■ TRY IT: Only the number is wanted: how many lines of these entries contain the word "each"?

■ PROVIDED MATERIAL:
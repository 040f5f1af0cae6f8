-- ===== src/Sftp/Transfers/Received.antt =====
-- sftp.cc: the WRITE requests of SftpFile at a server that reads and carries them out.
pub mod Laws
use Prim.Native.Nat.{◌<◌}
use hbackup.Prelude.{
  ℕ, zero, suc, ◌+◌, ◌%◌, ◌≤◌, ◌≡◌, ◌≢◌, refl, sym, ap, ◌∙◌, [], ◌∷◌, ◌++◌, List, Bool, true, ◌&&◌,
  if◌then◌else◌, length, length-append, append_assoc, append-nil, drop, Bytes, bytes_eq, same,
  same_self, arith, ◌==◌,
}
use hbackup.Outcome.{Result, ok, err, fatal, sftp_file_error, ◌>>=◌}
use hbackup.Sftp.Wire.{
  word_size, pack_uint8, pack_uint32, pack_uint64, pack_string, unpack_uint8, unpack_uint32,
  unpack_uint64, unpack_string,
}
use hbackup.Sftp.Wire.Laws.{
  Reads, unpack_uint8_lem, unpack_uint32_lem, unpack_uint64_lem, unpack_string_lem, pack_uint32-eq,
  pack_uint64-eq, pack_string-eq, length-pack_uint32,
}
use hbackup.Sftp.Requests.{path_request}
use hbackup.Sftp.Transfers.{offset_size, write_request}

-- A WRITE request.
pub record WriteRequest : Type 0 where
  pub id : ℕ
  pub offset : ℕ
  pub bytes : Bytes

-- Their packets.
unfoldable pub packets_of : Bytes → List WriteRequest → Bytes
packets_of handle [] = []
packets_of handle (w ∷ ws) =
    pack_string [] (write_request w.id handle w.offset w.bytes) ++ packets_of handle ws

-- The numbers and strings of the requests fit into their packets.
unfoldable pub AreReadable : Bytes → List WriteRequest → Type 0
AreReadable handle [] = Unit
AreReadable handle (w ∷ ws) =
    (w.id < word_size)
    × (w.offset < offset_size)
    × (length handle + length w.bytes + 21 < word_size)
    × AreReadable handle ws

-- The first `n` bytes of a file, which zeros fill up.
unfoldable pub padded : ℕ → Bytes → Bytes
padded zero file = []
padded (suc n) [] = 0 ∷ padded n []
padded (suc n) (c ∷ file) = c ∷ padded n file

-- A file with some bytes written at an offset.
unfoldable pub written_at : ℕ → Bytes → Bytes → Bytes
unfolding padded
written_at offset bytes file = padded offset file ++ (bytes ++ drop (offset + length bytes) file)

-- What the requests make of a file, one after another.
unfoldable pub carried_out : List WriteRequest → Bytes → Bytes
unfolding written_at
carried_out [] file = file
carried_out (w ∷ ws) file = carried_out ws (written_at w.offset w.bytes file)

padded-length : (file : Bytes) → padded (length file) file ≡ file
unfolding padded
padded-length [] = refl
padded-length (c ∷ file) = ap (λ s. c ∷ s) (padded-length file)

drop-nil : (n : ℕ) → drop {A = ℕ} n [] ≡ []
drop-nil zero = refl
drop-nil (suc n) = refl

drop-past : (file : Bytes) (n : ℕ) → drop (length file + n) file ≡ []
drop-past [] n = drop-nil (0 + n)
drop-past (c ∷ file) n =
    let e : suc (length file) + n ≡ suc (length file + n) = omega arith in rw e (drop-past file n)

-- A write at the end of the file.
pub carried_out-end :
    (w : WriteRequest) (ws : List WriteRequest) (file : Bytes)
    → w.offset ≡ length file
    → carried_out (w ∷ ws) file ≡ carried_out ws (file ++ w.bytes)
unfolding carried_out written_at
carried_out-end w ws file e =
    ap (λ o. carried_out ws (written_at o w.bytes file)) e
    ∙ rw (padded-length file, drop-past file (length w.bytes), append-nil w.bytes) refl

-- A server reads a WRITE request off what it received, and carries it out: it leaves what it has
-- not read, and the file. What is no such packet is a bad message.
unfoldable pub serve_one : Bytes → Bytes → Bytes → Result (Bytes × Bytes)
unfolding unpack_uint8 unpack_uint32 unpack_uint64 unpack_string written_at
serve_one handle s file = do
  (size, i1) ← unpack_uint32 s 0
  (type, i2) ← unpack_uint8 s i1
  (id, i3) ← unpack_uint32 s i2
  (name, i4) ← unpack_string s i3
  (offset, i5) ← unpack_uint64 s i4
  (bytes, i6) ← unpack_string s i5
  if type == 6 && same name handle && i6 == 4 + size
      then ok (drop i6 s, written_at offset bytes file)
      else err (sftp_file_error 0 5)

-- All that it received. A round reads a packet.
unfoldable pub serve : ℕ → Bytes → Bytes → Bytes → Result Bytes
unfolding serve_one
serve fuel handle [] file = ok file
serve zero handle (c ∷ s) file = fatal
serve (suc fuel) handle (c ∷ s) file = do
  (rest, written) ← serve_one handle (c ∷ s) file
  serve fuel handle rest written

--

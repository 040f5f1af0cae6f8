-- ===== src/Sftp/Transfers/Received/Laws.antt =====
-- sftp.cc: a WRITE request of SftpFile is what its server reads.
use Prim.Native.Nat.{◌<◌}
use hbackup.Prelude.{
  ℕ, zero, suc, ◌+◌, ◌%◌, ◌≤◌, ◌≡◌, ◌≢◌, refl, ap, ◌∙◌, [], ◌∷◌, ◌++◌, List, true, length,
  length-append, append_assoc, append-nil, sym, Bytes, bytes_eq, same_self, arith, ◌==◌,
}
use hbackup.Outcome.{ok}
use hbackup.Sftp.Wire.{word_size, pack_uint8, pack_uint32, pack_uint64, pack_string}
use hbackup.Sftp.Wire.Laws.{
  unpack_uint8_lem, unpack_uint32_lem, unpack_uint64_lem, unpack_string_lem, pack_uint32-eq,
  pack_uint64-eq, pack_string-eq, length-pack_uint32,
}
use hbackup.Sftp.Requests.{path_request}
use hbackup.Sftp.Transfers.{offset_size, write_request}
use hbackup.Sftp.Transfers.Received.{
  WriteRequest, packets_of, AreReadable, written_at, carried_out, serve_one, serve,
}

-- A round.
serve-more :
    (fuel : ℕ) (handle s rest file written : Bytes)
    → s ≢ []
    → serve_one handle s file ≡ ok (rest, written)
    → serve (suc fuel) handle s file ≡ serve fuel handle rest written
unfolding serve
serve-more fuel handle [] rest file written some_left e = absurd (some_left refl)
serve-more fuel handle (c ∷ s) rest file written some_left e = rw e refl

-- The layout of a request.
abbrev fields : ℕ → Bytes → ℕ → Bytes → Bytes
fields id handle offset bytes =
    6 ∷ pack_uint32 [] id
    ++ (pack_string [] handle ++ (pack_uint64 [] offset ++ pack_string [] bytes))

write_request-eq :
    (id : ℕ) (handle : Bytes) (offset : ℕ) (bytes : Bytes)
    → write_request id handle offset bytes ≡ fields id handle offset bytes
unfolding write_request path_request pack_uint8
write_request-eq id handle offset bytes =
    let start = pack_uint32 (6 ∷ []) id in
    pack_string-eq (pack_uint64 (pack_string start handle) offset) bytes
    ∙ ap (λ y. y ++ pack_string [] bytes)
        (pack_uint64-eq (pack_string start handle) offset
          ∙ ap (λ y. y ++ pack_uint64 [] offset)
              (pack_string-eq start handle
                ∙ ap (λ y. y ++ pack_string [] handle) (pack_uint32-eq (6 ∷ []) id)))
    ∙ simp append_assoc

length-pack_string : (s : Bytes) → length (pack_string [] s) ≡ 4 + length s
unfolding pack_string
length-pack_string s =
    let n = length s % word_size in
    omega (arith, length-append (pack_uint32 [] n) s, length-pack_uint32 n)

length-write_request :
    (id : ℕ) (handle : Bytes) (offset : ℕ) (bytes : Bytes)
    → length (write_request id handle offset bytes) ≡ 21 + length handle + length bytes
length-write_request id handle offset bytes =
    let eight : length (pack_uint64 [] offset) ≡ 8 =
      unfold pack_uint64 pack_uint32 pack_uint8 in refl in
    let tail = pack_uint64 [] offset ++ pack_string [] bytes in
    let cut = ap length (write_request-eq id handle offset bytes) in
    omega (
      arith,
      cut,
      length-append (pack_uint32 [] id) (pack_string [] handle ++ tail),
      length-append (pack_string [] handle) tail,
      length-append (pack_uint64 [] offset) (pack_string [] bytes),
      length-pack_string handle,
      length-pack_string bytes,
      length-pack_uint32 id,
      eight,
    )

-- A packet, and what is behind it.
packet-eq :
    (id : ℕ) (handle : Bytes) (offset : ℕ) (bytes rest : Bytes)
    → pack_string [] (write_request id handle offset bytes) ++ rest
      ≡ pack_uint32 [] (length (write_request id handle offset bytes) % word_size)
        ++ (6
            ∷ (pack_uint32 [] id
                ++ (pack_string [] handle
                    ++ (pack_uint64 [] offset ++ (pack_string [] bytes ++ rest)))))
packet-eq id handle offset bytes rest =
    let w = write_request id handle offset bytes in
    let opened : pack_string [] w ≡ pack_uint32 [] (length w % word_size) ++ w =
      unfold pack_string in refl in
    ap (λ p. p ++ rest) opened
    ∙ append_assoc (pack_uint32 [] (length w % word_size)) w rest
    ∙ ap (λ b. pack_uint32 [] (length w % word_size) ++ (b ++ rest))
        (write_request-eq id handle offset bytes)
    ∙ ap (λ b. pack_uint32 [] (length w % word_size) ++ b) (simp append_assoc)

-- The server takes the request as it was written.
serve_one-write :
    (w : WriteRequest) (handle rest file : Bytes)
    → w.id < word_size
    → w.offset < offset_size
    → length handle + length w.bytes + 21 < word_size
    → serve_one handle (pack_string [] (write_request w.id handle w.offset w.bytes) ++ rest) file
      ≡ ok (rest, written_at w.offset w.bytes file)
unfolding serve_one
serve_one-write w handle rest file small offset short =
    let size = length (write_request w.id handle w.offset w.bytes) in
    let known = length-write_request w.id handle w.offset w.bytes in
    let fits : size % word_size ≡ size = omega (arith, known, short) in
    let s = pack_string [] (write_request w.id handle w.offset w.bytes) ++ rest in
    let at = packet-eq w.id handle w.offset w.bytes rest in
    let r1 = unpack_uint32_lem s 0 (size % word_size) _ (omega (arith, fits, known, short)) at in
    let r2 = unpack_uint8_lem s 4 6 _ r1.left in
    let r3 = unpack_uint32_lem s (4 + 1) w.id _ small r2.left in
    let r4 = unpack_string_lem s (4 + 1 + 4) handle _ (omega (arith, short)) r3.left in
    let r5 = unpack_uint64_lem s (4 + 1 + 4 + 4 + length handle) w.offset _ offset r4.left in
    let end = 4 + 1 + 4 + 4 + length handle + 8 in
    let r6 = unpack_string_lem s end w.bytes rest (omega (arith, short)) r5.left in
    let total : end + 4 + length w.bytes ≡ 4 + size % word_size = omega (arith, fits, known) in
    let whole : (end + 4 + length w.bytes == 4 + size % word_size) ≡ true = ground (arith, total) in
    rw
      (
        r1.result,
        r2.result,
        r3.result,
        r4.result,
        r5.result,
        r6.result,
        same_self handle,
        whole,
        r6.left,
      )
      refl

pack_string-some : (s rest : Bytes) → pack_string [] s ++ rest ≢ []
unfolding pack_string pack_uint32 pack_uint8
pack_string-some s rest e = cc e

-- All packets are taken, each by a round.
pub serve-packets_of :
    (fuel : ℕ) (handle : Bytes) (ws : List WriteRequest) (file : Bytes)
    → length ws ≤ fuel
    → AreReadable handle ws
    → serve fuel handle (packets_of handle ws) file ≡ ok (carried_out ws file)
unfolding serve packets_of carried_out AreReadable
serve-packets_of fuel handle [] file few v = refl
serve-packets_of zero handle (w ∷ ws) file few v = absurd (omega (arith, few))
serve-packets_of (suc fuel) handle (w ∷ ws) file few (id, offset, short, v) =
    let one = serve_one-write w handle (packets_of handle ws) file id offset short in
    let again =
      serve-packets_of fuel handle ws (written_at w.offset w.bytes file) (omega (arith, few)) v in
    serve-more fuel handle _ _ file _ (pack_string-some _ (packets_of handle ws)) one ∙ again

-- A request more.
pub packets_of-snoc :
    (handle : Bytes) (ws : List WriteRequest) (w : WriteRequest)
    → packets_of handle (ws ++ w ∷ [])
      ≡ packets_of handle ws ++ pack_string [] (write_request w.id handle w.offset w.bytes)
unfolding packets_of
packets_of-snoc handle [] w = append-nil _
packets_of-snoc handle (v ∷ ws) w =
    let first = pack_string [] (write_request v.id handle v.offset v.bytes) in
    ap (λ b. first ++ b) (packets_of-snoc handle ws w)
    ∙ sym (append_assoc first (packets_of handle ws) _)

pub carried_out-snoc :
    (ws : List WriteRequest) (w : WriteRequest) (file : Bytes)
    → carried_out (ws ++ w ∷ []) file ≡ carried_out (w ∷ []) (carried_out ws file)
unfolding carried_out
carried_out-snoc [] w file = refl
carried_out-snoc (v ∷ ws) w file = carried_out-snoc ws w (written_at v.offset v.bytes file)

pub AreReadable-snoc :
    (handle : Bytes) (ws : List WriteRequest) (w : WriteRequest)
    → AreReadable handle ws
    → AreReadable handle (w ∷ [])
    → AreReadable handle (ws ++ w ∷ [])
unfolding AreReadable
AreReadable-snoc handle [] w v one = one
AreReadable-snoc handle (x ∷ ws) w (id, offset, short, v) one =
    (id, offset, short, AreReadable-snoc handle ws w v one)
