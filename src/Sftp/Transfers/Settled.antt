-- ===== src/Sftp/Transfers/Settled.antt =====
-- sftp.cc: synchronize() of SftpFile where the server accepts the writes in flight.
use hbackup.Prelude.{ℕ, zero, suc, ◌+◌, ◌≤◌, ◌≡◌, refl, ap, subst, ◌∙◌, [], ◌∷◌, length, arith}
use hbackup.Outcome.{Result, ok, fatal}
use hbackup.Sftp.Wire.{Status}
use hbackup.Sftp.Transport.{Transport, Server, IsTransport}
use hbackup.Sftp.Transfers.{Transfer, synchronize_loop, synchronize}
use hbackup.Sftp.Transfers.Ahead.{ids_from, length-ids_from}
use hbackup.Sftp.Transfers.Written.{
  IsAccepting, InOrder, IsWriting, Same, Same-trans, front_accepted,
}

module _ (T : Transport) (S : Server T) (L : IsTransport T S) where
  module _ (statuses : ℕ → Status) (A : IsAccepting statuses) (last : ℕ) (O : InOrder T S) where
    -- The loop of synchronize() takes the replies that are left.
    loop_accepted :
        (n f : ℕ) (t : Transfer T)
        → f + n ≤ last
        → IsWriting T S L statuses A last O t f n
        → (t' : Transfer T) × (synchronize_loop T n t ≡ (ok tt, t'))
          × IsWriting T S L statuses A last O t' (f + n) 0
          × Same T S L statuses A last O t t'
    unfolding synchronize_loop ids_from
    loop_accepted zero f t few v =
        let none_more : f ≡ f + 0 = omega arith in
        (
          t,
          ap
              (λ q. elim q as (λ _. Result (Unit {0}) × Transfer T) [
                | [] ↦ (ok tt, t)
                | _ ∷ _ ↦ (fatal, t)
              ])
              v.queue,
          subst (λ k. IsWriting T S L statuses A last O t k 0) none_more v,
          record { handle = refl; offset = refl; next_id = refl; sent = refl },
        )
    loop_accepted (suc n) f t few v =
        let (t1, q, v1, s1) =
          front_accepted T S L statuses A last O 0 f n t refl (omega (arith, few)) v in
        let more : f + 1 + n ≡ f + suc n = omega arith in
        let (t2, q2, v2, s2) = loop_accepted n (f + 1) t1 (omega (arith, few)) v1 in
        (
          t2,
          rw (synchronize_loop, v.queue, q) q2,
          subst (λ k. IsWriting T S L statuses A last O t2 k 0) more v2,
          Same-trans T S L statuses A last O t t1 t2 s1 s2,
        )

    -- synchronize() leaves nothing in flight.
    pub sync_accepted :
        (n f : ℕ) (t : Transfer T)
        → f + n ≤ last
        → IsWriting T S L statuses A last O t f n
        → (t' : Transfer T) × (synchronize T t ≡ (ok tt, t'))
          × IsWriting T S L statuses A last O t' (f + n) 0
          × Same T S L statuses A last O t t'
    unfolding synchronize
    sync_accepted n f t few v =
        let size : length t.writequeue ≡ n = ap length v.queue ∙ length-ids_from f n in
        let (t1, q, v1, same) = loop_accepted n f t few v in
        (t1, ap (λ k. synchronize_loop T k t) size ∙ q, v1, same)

==

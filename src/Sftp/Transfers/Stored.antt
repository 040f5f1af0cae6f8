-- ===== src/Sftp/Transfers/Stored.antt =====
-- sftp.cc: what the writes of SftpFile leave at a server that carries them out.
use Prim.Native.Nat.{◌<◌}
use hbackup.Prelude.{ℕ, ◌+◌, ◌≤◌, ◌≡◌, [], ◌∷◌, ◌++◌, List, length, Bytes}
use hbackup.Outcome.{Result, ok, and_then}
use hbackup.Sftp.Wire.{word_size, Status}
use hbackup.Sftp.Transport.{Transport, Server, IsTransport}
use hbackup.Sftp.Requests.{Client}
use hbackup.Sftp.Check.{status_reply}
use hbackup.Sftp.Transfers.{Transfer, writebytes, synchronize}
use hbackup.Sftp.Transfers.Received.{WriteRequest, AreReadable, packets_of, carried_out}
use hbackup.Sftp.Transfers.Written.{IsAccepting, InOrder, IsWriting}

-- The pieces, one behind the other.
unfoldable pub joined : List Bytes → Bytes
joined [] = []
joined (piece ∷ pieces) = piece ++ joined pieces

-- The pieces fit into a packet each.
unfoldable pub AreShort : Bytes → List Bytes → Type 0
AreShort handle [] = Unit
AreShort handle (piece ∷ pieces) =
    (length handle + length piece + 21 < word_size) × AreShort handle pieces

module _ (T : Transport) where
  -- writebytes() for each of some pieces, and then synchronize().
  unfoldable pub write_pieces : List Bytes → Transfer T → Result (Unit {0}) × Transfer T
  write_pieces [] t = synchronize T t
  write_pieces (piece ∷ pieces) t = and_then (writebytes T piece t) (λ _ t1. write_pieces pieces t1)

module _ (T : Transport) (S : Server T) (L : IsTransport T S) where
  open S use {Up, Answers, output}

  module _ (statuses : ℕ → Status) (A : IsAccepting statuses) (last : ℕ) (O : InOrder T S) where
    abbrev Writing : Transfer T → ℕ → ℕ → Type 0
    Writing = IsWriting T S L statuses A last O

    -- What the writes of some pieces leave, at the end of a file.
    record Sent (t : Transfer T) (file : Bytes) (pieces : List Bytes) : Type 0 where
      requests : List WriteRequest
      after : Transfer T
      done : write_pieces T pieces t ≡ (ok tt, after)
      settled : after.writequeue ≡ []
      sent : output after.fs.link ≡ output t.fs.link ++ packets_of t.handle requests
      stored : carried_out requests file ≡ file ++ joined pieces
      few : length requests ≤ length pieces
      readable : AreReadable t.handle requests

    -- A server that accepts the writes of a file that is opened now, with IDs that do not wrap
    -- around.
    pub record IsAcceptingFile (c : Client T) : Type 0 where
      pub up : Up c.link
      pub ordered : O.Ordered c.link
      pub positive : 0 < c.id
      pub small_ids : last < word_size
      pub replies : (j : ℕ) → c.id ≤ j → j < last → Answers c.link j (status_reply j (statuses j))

■ REPLY TO THE EXERCISE: 3